State tests new emergency notification system at Capitol

The Columbian
Published: September 9, 2012, 5:00pm

OLYMPIA — A cloth bag placed conspicuously in a roped-off area in the Washington state Capitol rotunda was the first test for a still-in-development security notification system the state plans to roll out this fall.

Within moments of the Washington state patrol being notified about the suspicious package last month, a 20-word email was sent to 42 designated security people at the Capitol, who then forwarded it on to more employees: “WSP is responding to a suspicious package in the Legislative Building. Bomb squad has been activated. More information to follow.”

Over the next two hours, two more emails were sent, one saying the building had been evacuated and another giving the all-clear to return. State officials say it was a successful first run of the system that gave them a sense of what needs to be improved in the coming weeks. More people may be added to the notification system, including the media.

It was used a second time last month, when the alert went out to more than double the number of employees after a phone threat at a state agency.

By October, the notification email is expected to expand to the thousands of employees who work in the 36 buildings on the Capitol campus, creating a streamlined notification system that replaces the prior patchwork of phone calls and emails, state officials said.

With the new system, “we can reach more people quicker than we could before,” said Steve Valandra, a spokesman with the Department of Enterprise Services, which oversees the system. “The key will be getting the word out to everyone on campus about the system so that they know an alert that shows up in their email is something to pay attention to.”

The cost for the first year of the three-year contract with Idaho-based MyStateUSA was $2,500, and the state will pay $2,000 a year for the next two years. While text-messaging is an option, the state said that because of the costs involved with sending texts, it will stick to email notifications at this point.

Washington’s among just a few states to have such a system.

“The emergency notification systems are relatively new technology that a handful of states are now implementing in their Capitol buildings,” said Morgan Cullen, a policy analyst at the National Conference of State Legislatures.

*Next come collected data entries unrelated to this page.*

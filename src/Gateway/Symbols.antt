-- ===== src/Gateway/Symbols.antt =====
-- crates/gateway/src/lib.rs: `SymbolMap`, between the symbols of the venues and the instruments.
use feynman_engine.Prelude.{
  Bool, ◌&&◌, Option, none, some, String, List, [], ◌∷◌, ◌++◌, any, Map, lookup, insert, str_eq,
  if◌then◌else◌,
}
use feynman_engine.Prelude.Text.{◌++◌ as append}
use feynman_engine.Gateway.Errors.{Result, ok, err, validation}

pub record VenueSymbol : Type 0 where
  pub venue_id : String
  pub symbol : String

-- `forward` is a map whose keys are pairs of a venue and a symbol.
pub record SymbolMap : Type 0 where
  pub forward : List (VenueSymbol × String)
  pub reverse : Map (List VenueSymbol)

abbrev pub same_listing : String → String → VenueSymbol → Bool
same_listing venue symbol listing = str_eq listing.venue_id venue && str_eq listing.symbol symbol

abbrev pub listed : String → String → List VenueSymbol → Bool
listed venue symbol = any (same_listing venue symbol)

unfoldable pub forward_lookup : String → String → List (VenueSymbol × String) → Option String
forward_lookup venue symbol [] = none
forward_lookup venue symbol (entry ∷ rest) =
    let later = forward_lookup venue symbol rest in
    if same_listing venue symbol entry.0 then some entry.1 else later

unfoldable pub instrument_for : String → String → SymbolMap → Option String
unfolding forward_lookup
instrument_for venue symbol m = forward_lookup venue symbol m.forward

unfoldable pub venues_for : String → SymbolMap → Option (List VenueSymbol)
venues_for instrument m = lookup instrument m.reverse

-- `entry(…).or_default()`
abbrev pub or_empty : Option (List VenueSymbol) → List VenueSymbol
or_empty none = []
or_empty (some listings) = listings

abbrev pub add_listing : String → String → List VenueSymbol → List VenueSymbol
add_listing venue symbol listings =
    if listed venue symbol listings
    then listings
    else listings ++ (record { venue_id = venue; symbol = symbol } ∷ [])

abbrev pub insert_new : String → String → String → SymbolMap → SymbolMap
insert_new venue symbol instrument m = record {
  forward = (record { venue_id = venue; symbol = symbol }, instrument) ∷ m.forward;
  reverse =
      insert instrument (add_listing venue symbol (or_empty (lookup instrument m.reverse)))
        m.reverse;
}

abbrev insert_over : Option String → String → String → String → SymbolMap → Result SymbolMap
insert_over none venue symbol instrument m = ok (insert_new venue symbol instrument m)
insert_over (some existing) venue symbol instrument m =
    if str_eq existing instrument
    then ok m
    else err (
        validation (
          append "symbol map conflict for "
            (append venue (append ":" (append symbol (append ": already mapped to " existing))))))

-- `SymbolMap::insert`
unfoldable pub insert_symbol : String → String → String → SymbolMap → Result SymbolMap
unfolding instrument_for
insert_symbol venue symbol instrument m =
    insert_over (instrument_for venue symbol m) venue symbol instrument m

-- `SymbolMap::default`
abbrev pub empty_map : SymbolMap
empty_map = record { forward = []; reverse = [] }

Cullen said an email survey he did of states showed that Washington state joins Minnesota, Florida, Texas, Nevada and North Carolina. A notification system also was unveiled in Oregon in August, according to the Oregon State Police.

The Oregon system sends text messages to a limited number of people who work in the state Capitol.

“Those targeted individuals who receive the message are responsible to notify others in the work area,” said Lt. Gregg Hastings.

Loading...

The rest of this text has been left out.